From 26 August the candidates were elected by an electoral college; royalist and Girondin candidates were boycotted. On the same day news reached Paris that the Prussian army had occupied Longwy. On 28 August the assembly ordered a curfew for the next two days. The city gates were closed; all communication with the country was stopped. On 29 August the Prussians attacked Verdun. When this news arrived it escalated panic in the capital; the situation was highly critical. In the afternoon of 2 September the September Massacres began.
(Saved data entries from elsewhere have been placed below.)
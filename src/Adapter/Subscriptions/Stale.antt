-- ===== src/Adapter/Subscriptions/Stale.antt =====
-- A symbol with a space before the dot of its exchange: the key that `subscribe` records is not
-- the one that `unsubscribe` removes.
use xiaoy_md.Prelude.{◌+◌, ◌≡◌, ◌≢◌, sym, ap, ◌∙◌, true, false, none, some}
use xiaoy_md.Text.{Str, has_char, strip}
use xiaoy_md.Dict.{lookup, insert, erase}
use xiaoy_md.Dict.Laws.{lookup-insert_self, lookup-erase_self, lookup-erase_ne, insert-Distinct}
use xiaoy_md.Adapter.Live.{subscribe_live_hook}
use xiaoy_md.Domain.{MarketDataSubscription, valid, validate_symbol}
use xiaoy_md.Domain.Symbols.{validate_symbol-IsSymbol}
use xiaoy_md.Adapter.Subscriptions.{
  State, key_error, join_key, split_symbol, sub_id, record_new, existing, subscribe, unsubscribe,
  key_of,
}
use xiaoy_md.Adapter.Subscriptions.Keys.{split_symbol-no_dot, join_key_injective}
use xiaoy_md.Adapter.Subscriptions.Consistency.{IsConsistent}

-- the branches of the operations
unsubscribe_known :
    (id : Str) (sub : MarketDataSubscription) (s : State)
    → lookup id s.subs_by_id ≡ some sub
    → unsubscribe id s ≡ record s {
      subs_by_id = erase id s.subs_by_id;
      sub_id_by_symbol = erase (key_of sub) s.sub_id_by_symbol;
    }
unfolding unsubscribe
unsubscribe_known id sub s e = rw (e, unsubscribe)

existing_gone : (id : Str) (s : State) → lookup id s.subs_by_id ≡ none → existing id s ≡ key_error
unfolding existing
existing_gone id s e = rw (e, existing)

module _ (symbol : Str) where
  abbrev base_of : Str
  base_of = (split_symbol (strip symbol)).0

  abbrev exchange_of : Str
  exchange_of = (split_symbol (strip symbol)).1

  subscribe_known :
      (id : Str) (s : State)
      → lookup (join_key base_of exchange_of) s.sub_id_by_symbol ≡ some id
      → subscribe symbol s ≡ (existing id s, s)
  unfolding subscribe
  subscribe_known id s e = rw (e, subscribe)

  subscribe_new :
      (s : State)
      → lookup (join_key base_of exchange_of) s.sub_id_by_symbol ≡ none
      → subscribe symbol s ≡ record_new base_of exchange_of s
  unfolding subscribe
  subscribe_new s e = rw (e, subscribe)

module _ (base exchange stored : Str) (s : State) (no_dot : has_char b'.' exchange ≡ false)
    (spaced : strip base ≢ base) (accepted : validate_symbol base ≡ valid stored)
    (c : IsConsistent s) where
  abbrev new_id : Str
  new_id = sub_id (s.sub_seq + 1)

  abbrev new_sub : MarketDataSubscription
  new_sub = record { subscription_id = new_id; symbol = stored; exchange = exchange; active = true }

  -- the state after `subscribe`
  recorded : (record_new base exchange s).1 ≡ record {
    subs_by_id = insert new_id new_sub s.subs_by_id;
    sub_id_by_symbol = insert (join_key base exchange) new_id s.sub_id_by_symbol;
    sub_seq = s.sub_seq + 1;
    live = subscribe_live_hook base exchange s.live;
  }
  unfolding record_new
  recorded = rw (accepted, record_new)

  other_key : key_of new_sub ≢ join_key base exchange
  other_key p =
      let e = (join_key_injective stored base exchange exchange no_dot no_dot p).0 in
      spaced (sym ((validate_symbol-IsSymbol base stored).0 accepted).0 ∙ e)

  -- the state after `unsubscribe`
  removed : unsubscribe new_id (record_new base exchange s).1 ≡ record {
    subs_by_id = erase new_id (insert new_id new_sub s.subs_by_id);
    sub_id_by_symbol =
        erase (key_of new_sub) (insert (join_key base exchange) new_id s.sub_id_by_symbol);
    sub_seq = s.sub_seq + 1;
    live = subscribe_live_hook base exchange s.live;
  }
  removed =
      ap (unsubscribe new_id) recorded
      ∙ unsubscribe_known new_id new_sub _ (lookup-insert_self new_id new_sub s.subs_by_id)

  still_mapped :
      lookup
        (join_key base exchange)
        (unsubscribe new_id (record_new base exchange s).1).sub_id_by_symbol
      ≡ some new_id
  still_mapped = rw removed (
      rw
        (lookup-erase_ne (key_of new_sub) (join_key base exchange)
          (insert (join_key base exchange) new_id s.sub_id_by_symbol) other_key)
        (lookup-insert_self (join_key base exchange) new_id s.sub_id_by_symbol))

  gone : existing new_id (unsubscribe new_id (record_new base exchange s).1) ≡ key_error
  gone =
      ap (existing new_id) removed
      ∙ existing_gone new_id _ (
          lookup-erase_self new_id (insert new_id new_sub s.subs_by_id)
            (insert-Distinct new_id new_sub s.subs_by_id c.distinct_ids))

-- A valid symbol whose base has a space before the dot, subscribed to from a state in which the
-- dictionaries agree and its key is free, unsubscribed from by the id that it got, and subscribed
-- to again: the third call raises KeyError.
pub subscribe-key_error :
    (symbol stored : Str) (s : State)
    → let (base, exchange) = split_symbol (strip symbol) in
      strip base ≢ base
      → validate_symbol base ≡ valid stored
      → lookup (join_key base exchange) s.sub_id_by_symbol ≡ none
      → IsConsistent s
      → (subscribe symbol (unsubscribe (sub_id (s.sub_seq + 1)) (subscribe symbol s).1)).0
        ≡ key_error
subscribe-key_error symbol stored s spaced accepted free c =
    let base = (split_symbol (strip symbol)).0 in
    let exchange = (split_symbol (strip symbol)).1 in
    let no_dot = split_symbol-no_dot (strip symbol) in
    rw (subscribe_new symbol s free) (
      rw
        (subscribe_known symbol (sub_id (s.sub_seq + 1))
          (unsubscribe (sub_id (s.sub_seq + 1)) (record_new base exchange s).1)
          (still_mapped base exchange stored s no_dot spaced accepted c))
        (gone base exchange stored s no_dot spaced accepted c))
The electoral colleges voted from 2 to 19 September and lasted three weeks. To be an elector a citizen had to be over 21, resident one year in his department and not a domestic servant. An elector could stand as a candidate in any constituency. To be a delegate or a deputy an elector had to be over 25. If at the first ballot no candidate received an absolute majority of votes cast, there was to be a second ballot at which only the top two candidates of the first could compete.

==Campaign==
According to Malcolm Crook, "Evidence of orchestrated attempts to intimidate rivals is not hard to find." In Paris the sections accepted a proposal by Robespierre four a two stage screening process that was initially targeted at monarchists but ended up excluding all Girondins.

==Results==
Around 3,360,000 voters participated in the elections.
An absolute majority of the male deputies elected belonged to the Marais party, a political faction of vague but largely moderate policies. Although it is often stated that the Marais won around 389 seats, the leftist Montagnards led by Maximilien Robespierre won around 200 seats and the more moderate Girondin faction led by Jacques Pierre Brissot around 160 seats, there was no clear delineation of political affiliation and seat totals cannot be considered to be hard facts. Around 136 of the elected legislators joined the Jacobin club.

==Aftermath==
The Convention met for the first time on 21 September. Jérôme Pétion de Villeneuve of the Girondins was elected President of the Convention, while Girondins secured most of the posts in the secretariat. However, the elections preceded the fall of the Girondins as a political faction, mainly because of the political and social unrest following the war started by the Girondin-dominated government in the spring of 1792.